Go - プロファイルガイド最適化 (PGO) で本番環境の CPU 使用量を最大 14% 削減

概要

Go 1.21 から、Go コンパイラは profile-guided optimization (PGO) をサポートしています。

PGO は、本番ワークロードの CPU プロファイルから特に高負荷と判定されたコードに対して、追加の最適化を適用します。これは Datadog Go Continuous Profiler と互換性があり、本番ビルドで使用できます。

PGO の仕組み

PGO の動作に関する主なポイントは以下のとおりです。

  • PGO を有効にして Go プログラムをビルドすると、コンパイラは default.pgo という名前の pprof CPU プロファイルを探し、それを使用してより最適化されたバイナリを生成します。
  • 典型的なプログラムでは、最適化後に CPU 使用時間が 2~14% 程度削減されると想定されます。PGO は現在も積極的に開発が進められており、将来的にはより大きな CPU 削減が期待されます。Datadog はこの取り組みを積極的にサポートしています
  • PGO では、代表的なプロファイルを使用することで最良の結果が得られます。ただし、代表的でないプロファイルや古いプロファイル (ソフトウェアの以前のバージョンから取得したもの) を使用しても、PGO を使用しない場合より遅くなることはないと想定されています。
  • PGO 最適化済みアプリケーションから取得したプロファイルを使用しても、最適化や逆最適化が繰り返されるような「最適化サイクル」は発生しないと想定されています。これは反復的安定性 (iterative stability) と呼ばれます。

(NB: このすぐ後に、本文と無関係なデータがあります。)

-- ===== src/Limits/Counting.antt =====
-- What the backend of src/rra/api/rate_limiter.py keeps of the requests that it has counted.
use mathlib.Core.List.{append-nil}
use rra_module.Prelude.{
  ℕ, ◌+◌, ◌*◌, ◌≡◌, refl, ◌∙◌, ap, sym, subst, true, false, ◌≤◌, inl, inr, none, List, [], ◌∷◌,
  ◌++◌, length-append, arith, Text, text_key, ◌==◌, if◌then◌else◌, length, Bool-cases,
}
use rra_module.Prelude.Dict.{Dict, lookup, insert, IsNodup, lookup-insert, insert-IsNodup}
use rra_module.Limits.Backend.{
  second, day, Backend, new_backend, counted, recent, keep, increment_counter, prune, cleanup,
}

recent-append :
    (now window : ℕ) (xs ys : List ℕ)
    → recent now window (xs ++ ys) ≡ recent now window xs ++ recent now window ys
recent-append now window [] ys = refl
recent-append now window (x ∷ xs) ys = ground (arith, recent-append now window xs ys)

-- A later and shorter look at the times is not changed by an earlier and longer one.
recent-recent :
    (now now' window window' : ℕ) (times : List ℕ)
    → now ≤ now'
    → window' ≤ window
    → recent now' window' (recent now window times) ≡ recent now' window' times
recent-recent now now' window window' [] h k = refl
recent-recent now now' window window' (t ∷ times) h k =
    ground (arith, recent-recent now now' window window' times h k)

abbrev pub times_of : Text → List (Text × ℕ) → List ℕ
times_of key [] = []
times_of key ((j, t) ∷ requests) =
    if j == key then t ∷ times_of key requests else times_of key requests

times_of-append :
    (key : Text) (xs ys : List (Text × ℕ))
    → times_of key (xs ++ ys) ≡ times_of key xs ++ times_of key ys
times_of-append key [] ys = refl
times_of-append key ((j, t) ∷ xs) ys = ground (arith, times_of-append key xs ys)

-- From `now` on, nobody who looks back over the window can tell the times kept from those of all
-- requests.
abbrev pub Remembers : ℕ → ℕ → List (Text × ℕ) → Backend → Type 0
Remembers window now requests b =
    IsNodup b.counters
    × ((key : Text) (later : ℕ)
        → now ≤ later
        → recent later window (counted key b.counters)
          ≡ recent later window (times_of key requests))

pub Remembers-weaken :
    (window now now' : ℕ) (requests : List (Text × ℕ)) (b : Backend)
    → now ≤ now'
    → Remembers window now requests b
    → Remembers window now' requests b
Remembers-weaken window now now' requests b le h = (h.0, λ key later k. h.1 key later (omega arith))

pub new_backend-Remembers : (window now : ℕ) → Remembers window now [] new_backend
unfolding new_backend
new_backend-Remembers window now = (tt, λ key later h. refl)

pub counted-insert :
    (j key : Text) (times : List ℕ) (d : Dict Text (List ℕ))
    → counted key (insert j times d) ≡ (if j == key then times else counted key d)
counted-insert j key times d = ground (arith, lookup-insert key j times d)

recent-append_recent :
    (now later window : ℕ) (xs ys : List ℕ)
    → now ≤ later
    → recent later window (recent now window xs ++ ys)
      ≡ recent later window xs ++ recent later window ys
recent-append_recent now later window xs ys le =
    rw
      (
        recent-append later window (recent now window xs) ys,
        recent-recent now later window window xs le (omega arith),
      )
      refl

pub increment_counter-Remembers :
    (window now : ℕ) (key : Text) (requests : List (Text × ℕ)) (b : Backend)
    → Remembers (window * second) now requests b
    → Remembers
        (window * second)
        now
        (requests ++ (key, now) ∷ [])
        (increment_counter key window now b).0
unfolding increment_counter
increment_counter-Remembers window now key requests b h = (
  insert-IsNodup key _ b.counters h.0,
  λ j later le.
      rw
        (
          counted-insert key j (recent now (window * second) (counted key b.counters) ++ now ∷ [])
              b.counters,
          times_of-append j requests ((key, now) ∷ []),
          recent-append later (window * second) (times_of j requests)
              (times_of j ((key, now) ∷ [])),
        )
        (elim (Bool-cases (key == j)) [
          | inr miss ↦ rw miss (h.1 j later le ∙ sym (append-nil _))
          | inl hit ↦
              rw
                (
                  hit,
                  recent-append_recent now later (window * second) (counted key b.counters)
                      (now ∷ []) le,
                )
                (ap (λ times. times ++ recent later (window * second) (now ∷ []))
                  (subst
                    (λ i.
                      recent later (window * second) (counted key b.counters)
                      ≡ recent later (window * second) (times_of i requests))
                    ((text_key.same_iff key j).0 hit) (h.1 key later le)))
        ]),
)

pub increment_counter-count :
    (window now : ℕ) (key : Text) (requests : List (Text × ℕ)) (b : Backend)
    → Remembers (window * second) now requests b
    → (increment_counter key window now b).1
      ≡ length (recent now (window * second) (times_of key requests)) + 1
unfolding increment_counter
increment_counter-count window now key requests b h =
    rw (h.1 key now (omega arith)) (length-append _ (now ∷ []))

-- What a cleanup leaves of a counter.
counted-keep :
    (key : Text) (times : List ℕ) (d : Dict Text (List ℕ))
    → lookup key d ≡ none
    → counted key (keep key times d) ≡ times
counted-keep key [] d h = rw (counted, h) refl
counted-keep key (t ∷ times) d h = ground (arith, text_key.same_iff key key)

counted-first :
    (j key : Text) (times : List ℕ) (d : Dict Text (List ℕ))
    → (j == key) ≡ true
    → times ≡ counted key ((j, times) ∷ d)
counted-first j key times d h = ground arith

lookup-keep_ne :
    (j key : Text) (times : List ℕ) (d : Dict Text (List ℕ))
    → (j == key) ≡ false
    → lookup key (keep j times d) ≡ lookup key d
lookup-keep_ne j key [] d h = refl
lookup-keep_ne j key (t ∷ times) d h = rw h refl

lookup-prune-none :
    (now : ℕ) (key : Text) (d : Dict Text (List ℕ))
    → lookup key d ≡ none
    → lookup key (prune now d) ≡ none
unfolding prune
lookup-prune-none now key [] h = refl
lookup-prune-none now key ((j, times) ∷ d) h = elim (Bool-cases (j == key)) [
  | inl hit ↦ ground arith
  | inr miss ↦
      rw (lookup-keep_ne j key (recent now day times) (prune now d) miss)
        (lookup-prune-none now key d (rw miss at h))
]

counted-prune :
    (now : ℕ) (key : Text) (d : Dict Text (List ℕ))
    → IsNodup d
    → counted key (prune now d) ≡ recent now day (counted key d)
unfolding prune
counted-prune now key [] h = refl
counted-prune now key ((j, times) ∷ d) h = elim (Bool-cases (j == key)) [
  | inl hit ↦
      let e : j ≡ key = (text_key.same_iff j key).0 hit in
      ap (λ k. counted key (keep k (recent now day times) (prune now d))) e
      ∙ counted-keep key (recent now day times) (prune now d)
          (lookup-prune-none now key d (subst (λ k. lookup k d ≡ none) e h.0))
      ∙ ap (recent now day) (counted-first j key times d hit)
  | inr miss ↦ ground (
    arith,
    miss,
    lookup-keep_ne j key (recent now day times) (prune now d) miss,
    counted-prune now key d h.1,
  )
]

keep-IsNodup :
    (key : Text) (times : List ℕ) (d : Dict Text (List ℕ))
    → lookup key d ≡ none
    → IsNodup d
    → IsNodup (keep key times d)
keep-IsNodup key [] d h k = k
keep-IsNodup key (t ∷ times) d h k = (h, k)

prune-IsNodup : (now : ℕ) (d : Dict Text (List ℕ)) → IsNodup d → IsNodup (prune now d)
unfolding prune
prune-IsNodup now [] h = tt
prune-IsNodup now ((j, times) ∷ d) h =
    keep-IsNodup j (recent now day times) (prune now d) (lookup-prune-none now j d h.0)
      (prune-IsNodup now d h.1)

pub cleanup-Remembers :
    (window now : ℕ) (requests : List (Text × ℕ)) (b : Backend)
    → window ≤ day
    → Remembers window now requests b
    → Remembers window now requests (cleanup now b)
unfolding cleanup
cleanup-Remembers window now requests b within h = (
  prune-IsNodup now b.counters h.0,
  λ key later le.
      rw
        (
          counted-prune now key b.counters h.0,
          recent-recent now later day window (counted key b.counters) le within,
        )
        (h.1 key later le),
)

詳細は、Go PGO ドキュメントを参照してください。

PGO の有効化

PGO は標準の Go コンパイラオプションで、Datadog からダウンロードしたプロファイルを手動で使用することも可能です。Datadog は、datadog-pgo というツールを用意しており、最新かつ最も代表的なプロファイルを使用してすべてのサービスで PGO を有効化するのに役立ちます。

datadog-pgo ツールを使った PGO の有効化手順

  1. API とアプリケーションキー に記載のとおり、少なくとも continuous_profiler_pgo_read スコープを付与した API キーとアプリケーションキーを作成します。

  2. DD_API_KEYDD_APP_KEYDD_SITE を CI プロバイダーのシークレット環境変数機能で設定します。

  3. ビルドステップの前に datadog-pgo を実行します。 例えば、prod 環境で動作する foo サービスがあり、そのメインパッケージが ./cmd/foo にある場合は、ビルドステップに以下のように追加します。

    go run github.com/DataDog/datadog-pgo@latest "service:foo env:prod" ./cmd/foo/default.pgo
    

Go ツールチェーンはメインパッケージ内にある default.pgo を自動的に読み込むため、go build ステップを変更する必要はありません。

詳しくは datadog-pgo GitHub リポジトリを参照してください。

PGO が有効になっているかの確認

PGO が有効になっているかを確認するには、pgo タグが true に設定されていない Go プロファイルを検索します。

pgo タグは dd-trace-go 1.61.0 で実装されたため、このバージョンより前のプロファイルでは pgo:false は表示されません。